Davalı vekili cevap dilekçesinde özetle; Davacı şirket ile müvekkil şirket arasında müvekkil şirkete ait … İstanbul Otelde yapılacak kına gecesi için sözleşme akdedilmiştir. Davacı … San. Tic. A.Ş., davaya konu uyuşmazlığın dayanağı sözleşmeye şirket olarak taraf olmuştur. Dava dilekçesinde her ne kadar uyuşmazlığa konu bedelin müvekkil şirkete davacı şirket yetkilisinin kız kardeşi … …’ın kına gecesi için ödendiği belirtilse de bu sözleşme … … ile yapılmamış, bu sözleşme nedeniyle … … sorumluluk altına girmemiş, davacı taraf iş bu sözleşmeye şirket olarak taraf olmayı seçtiğini, Türk Ticaret Kanunu’nun “Ticari İşler” başlıklı 3. maddesi; “Bu Kanunda düzenlenen hususlarla bir ticari işletmeyi ilgilendiren bütün işlem ve fiiller ticari işlerdendir” düzenlemesini içermektedir. Huzurdaki alacak talepli davaya konu sözleşme davacı şirket ve müvekkil şirket tarafından imza altına alınmış olup, ticari bir iş niteliğindedir. Bu halde, her iki tarafı tacir olan iş bu uyuşmazlığın Ticaret Mahkemesinde görülmesi gerekirken Tüketici Mahkemesinde dava açılmış olması usul ve yasaya aykırıdır. Göreve ilişkin itirazlarımızın dikkate alınarak dosya hakkında öncelikle “görevsizlik” kararı verilmesini talep etmişlerdir.

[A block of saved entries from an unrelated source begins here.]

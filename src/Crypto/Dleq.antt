-- ===== src/Crypto/Dleq.antt =====
-- pkg/crypto/dleq.go: the proof that the blind signature was made with the key of the public key.
pub mod Completeness
use blindvault.Base.{
  Bool, false, not, ◌++◌, Option, none, some, Text, bytes, is_empty, if◌then◌else◌,
}
use blindvault.Apperr.{Result, ok, err, plain, ◌>>=◌}
use blindvault.Crypto.Blst.{Blst}
use blindvault.Crypto.Scalar.{new_random_scalar}

abbrev pub dleq_proof_dst : Text
dleq_proof_dst = bytes "BCIS-V1-DLEQ-CHALLENGE"

-- DLEQProof
pub record DleqProof (B : Blst) : Type 0 where
  pub r1 : B.G2
  pub r2 : B.G1
  pub s : B.Scalar
  pub c : B.Scalar

-- the second result of a scalar operation, tested by `if !ok`
abbrev pub require_ok : {A : Type 0} → Option A → Text → Result A
require_ok none t = err (plain t)
require_ok (some a) t = ok a

-- `if comp == nil`; blst returns nil or 48 or 96 bytes
abbrev not_nil : Text → Text → Result Text
not_nil comp t = if is_empty comp then err (plain t) else ok comp

module _ (B : Blst) where
  unfoldable pub compute_challenge : B.G2 → B.G1 → B.G2 → B.G1 → B.G1 → Result B.Scalar
  compute_challenge r1 r2 pk bprime cprime = do
    r1_comp ← not_nil (B.compress2 r1) (bytes "R1 compress returned nil")
    r2_comp ← not_nil (B.compress1 r2) (bytes "R2 compress returned nil")
    pk_comp ← not_nil (B.compress2 pk) (bytes "PK compress returned nil")
    b_comp ← not_nil (B.compress1 bprime) (bytes "Bprime compress returned nil")
    c_comp ← not_nil (B.compress1 cprime) (bytes "Cprime compress returned nil")
    require_ok (B.hash_to (r1_comp ++ (r2_comp ++ (pk_comp ++ (b_comp ++ c_comp)))) dleq_proof_dst)
        (bytes "challenge hash-to-scalar failed")

  -- DLEQProve; the first argument is the outcome of rand.Read in NewRandomScalar
  unfoldable pub dleq_prove : Result Text → B.Scalar → B.G1 → B.G2 → Result (DleqProof B)
  dleq_prove random sk blinded pk = do
    t ← new_random_scalar B random
    let r1 = B.mult2 B.generator2 t
    let r2 = B.mult1 blinded t
    c ← compute_challenge r1 r2 pk blinded (B.mult1 blinded sk)
    c_sk ← require_ok (B.scalar_mul c sk) (bytes "scalar multiplication failed")
    s ← require_ok (B.scalar_add t c_sk) (bytes "scalar addition failed")
    ok (record { r1 = r1; r2 = r2; s = s; c = c })

  -- the equations of DLEQVerify, once the challenge is recomputed
  dleq_equations : DleqProof B → B.G1 → B.G1 → B.G2 → Bool
  dleq_equations proof blinded sig pk =
      if not (B.eq2 (B.mult2 B.generator2 proof.s) (B.add2 proof.r1 (B.mult2 pk proof.c)))
      then false
      else B.eq1 (B.mult1 blinded proof.s) (B.add1 proof.r2 (B.mult1 sig proof.c))

  -- DLEQVerify
  unfoldable pub dleq_verify : DleqProof B → B.G1 → B.G1 → B.G2 → Bool
  unfolding dleq_equations
  dleq_verify proof blinded sig pk = elim (compute_challenge proof.r1 proof.r2 pk blinded sig) [
    | err e ↦ false
    | ok c' ↦ if not (B.scalar_eq proof.c c') then false else dleq_equations proof blinded sig pk
  ]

DELİLLERİN DEĞERLENDİRİLMESİ VE GEREKÇE:
Dava; icra takibine yapılan itirazın İİK 67. madde uyarınca iptali talebine ilişkindir.

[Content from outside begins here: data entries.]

-- ===== src/Cycles/Views.antt =====
-- The cycles of a graph view.
use cycle_enumeration_gpu.Prelude.{
  ℕ, ◌<◌, ◌≡◌, ◌∙◌, inl, inr, List, [], ◌∷◌, Option, map, flat_map, All, ◌∈◌,
}
use cycle_enumeration_gpu.Core.GraphView.{AdjacencyEntry, GraphView}
use cycle_enumeration_gpu.Core.GraphView.Rows.{outgoing_of, IsValid, row_of-All}
use cycle_enumeration_gpu.Cycles.{all_cycles, tally}
use cycle_enumeration_gpu.Cycles.Runs.{tally-flat_map, flat_map-map}

-- The successors of a vertex in a view.
abbrev pub successors : GraphView → ℕ → List ℕ
successors g v = map (λ (e : AdjacencyEntry). e.vertex) (outgoing_of g v)

-- The simple cycles of a view, each under its least vertex.
abbrev pub view_cycles : GraphView → Option ℕ → List (List ℕ)
view_cycles g limit = all_cycles (successors g) limit g.vertex_count

pub tally-successors :
    (f : ℕ → List (List ℕ)) (es : List AdjacencyEntry)
    → tally (flat_map f (map (λ (e : AdjacencyEntry). e.vertex) es))
      ≡ flat_map (λ (e : AdjacencyEntry). tally (f e.vertex)) es
tally-successors f es =
    tally-flat_map f (map (λ e. e.vertex) es) ∙ flat_map-map (λ v. tally (f v)) (λ e. e.vertex) es

vertices-lt :
    (n v : ℕ) (es : List AdjacencyEntry)
    → All (λ (e : AdjacencyEntry). e.vertex < n) es
    → v ∈ map (λ (e : AdjacencyEntry). e.vertex) es
    → v < n
vertices-lt n v [] a h = absurd h
vertices-lt n v (e ∷ es) a (inl p) = rw p a.0
vertices-lt n v (e ∷ es) a (inr m) = vertices-lt n v es a.1 m

-- The successors of a vertex of a valid view are vertices.
pub successors-lt :
    (g : GraphView)
    → IsValid g
    → (u v : ℕ) → u < g.vertex_count
    → v ∈ successors g u
    → v < g.vertex_count
successors-lt g valid u v lt h =
    vertices-lt g.vertex_count v (outgoing_of g u)
      (row_of-All _ g.outgoing_offsets g.outgoing_edges u valid.targets) h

6102 sayılı TTK’nın 5/A maddesi ile getirilen düzenlemede, konusu bir miktar paranın ödenmesi olan alacak ve tazminat talepleri hakkında dava açılmadan önce arabulucuya başvurulması bir dava şartı olarak kabul edilmiştir.

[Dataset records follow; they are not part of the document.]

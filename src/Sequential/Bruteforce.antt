-- ===== src/Sequential/Bruteforce.antt =====
-- The baseline counters (src/sequential/bruteforce.cpp). `dfs` recurs on fuel, one unit for each
-- vertex that it can put on the path, so the vertex count is enough.
pub mod Simple
pub mod Count
pub mod Enumerate
pub mod TimeWindow
pub mod Temporal
use cycle_enumeration_gpu.Prelude.{
  ℕ, zero, suc, Bool, true, false, ◌&&◌, ◌||◌, List, [], ◌∷◌, Option, none, some, ltb, leb, ◌==◌,
  if◌then◌else◌, length, tail, set, replicate, range, Result, ok, err, ◌>>=◌, ◌>>◌, at, throw_if,
  for_each, invalid_argument, out_of_fuel,
}
use cycle_enumeration_gpu.Core.Histogram.{CycleHistogram, no_cycles, increment}
use cycle_enumeration_gpu.Core.GraphView.{AdjacencyEntry, GraphView, outgoing_row}
use cycle_enumeration_gpu.Cycles.{at_limit, cycle_length}

-- What the nested loops share: the vectors `visited` and `path` (its back at the head of the list)
-- and the histogram.
pub record Search : Type 0 where
  pub histogram : CycleHistogram
  pub visited : List Bool
  pub path : List ℕ

unfoldable pub validate_max_cycle_length : Option ℕ → Result (Unit {0})
validate_max_cycle_length none = ok tt
validate_max_cycle_length (some most) = throw_if (ltb most 2) invalid_argument

-- `visited[v] = 1; path.push_back(v);`
abbrev pub enter : ℕ → Search → Search
enter v s = record s { visited = set s.visited v true; path = v ∷ s.path }

-- `path.pop_back(); visited[v] = 0;`
abbrev pub leave : ℕ → Search → Search
leave v s = record s { visited = set s.visited v false; path = tail s.path }

-- `histogram.increment(path.size())`
abbrev pub record_cycle : Search → Result Search
record_cycle s = do
  h ← increment (cycle_length s.path) 1 s.histogram
  ok (record s { histogram = h })

module _ (g : GraphView) (limit : Option ℕ) where
  -- One round of the loop over the edges of the current vertex; `call` is `dfs`.
  simple_edge : (ℕ → Search → Result Search) → ℕ → AdjacencyEntry → Search → Result Search
  simple_edge call root edge s =
      let next = edge.vertex in
      if next == root && leb 2 (length s.path) then record_cycle s else (do
        seen ← if leb next root then ok true else at s.visited next
        if seen || at_limit limit (length s.path)
            then ok s
            else (do t ← call next (enter next s); ok (leave next t)))

  pub simple_dfs : ℕ → ℕ → ℕ → Search → Result Search
  unfolding simple_edge
  simple_dfs zero root current s = err out_of_fuel
  simple_dfs (suc fuel) root current s = do
    edges ← outgoing_row g current
    for_each (simple_edge (simple_dfs fuel root) root) edges s

  simple_root : ℕ → Search → Result Search
  unfolding simple_dfs
  simple_root root s = do
    t ←
        simple_dfs g.vertex_count root root
          (record s { path = root ∷ []; visited = set s.visited root true })
    ok (record t { visited = set t.visited root false })

  unfoldable pub count_simple_cycles : Result CycleHistogram
  unfolding validate_max_cycle_length simple_root
  count_simple_cycles = do
    validate_max_cycle_length limit
    t ←
        for_each simple_root (range g.vertex_count)
          (record { histogram = no_cycles; visited = replicate g.vertex_count false; path = [] })
    ok t.histogram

6325 Sayılı Hukuk Uyuşmazlıklarında Arabuluculuk Kanunu’nun 18/A maddesine göre, ilgili kanunlarda arabulucuya başvurulmuş olmasının dava şartı olarak kabul edilmiş olması durumunda, davacının arabuluculuk faaliyeti sonunda anlaşmaya varılmadığına ilişkin son tutanağın aslını veya arabulucu tarafından onaylanmış bir örneğini dava dilekçesine eklemek zorunda olduğu, bu zorunluluğa uyulmaması halinde mahkemece davacıya, son tutanağın bir haftalık kesin süre içinde mahkemeye sunulması gerektiği, aksi takdirde davanın usulden reddedileceği ihtarını içeren davetiyenin gönderilmesi gerektiği düzenlenmiştir. Yine mahkemece gönderilen ihtarın gereği yerine getirilmez ise dava dilekçesi karşı tarafa tebliğe çıkarılmaksızın mahkemece davanın usulden reddine karar verilmesi ayrıca arabulucuya başvurulmadan dava açıldığının anlaşılması halinde herhangi bir işlem yapılmaksızın davanın, dava şartı yokluğu sebebiyle usulden reddine karar verilmesi gerektiği hüküm altına alınmıştır.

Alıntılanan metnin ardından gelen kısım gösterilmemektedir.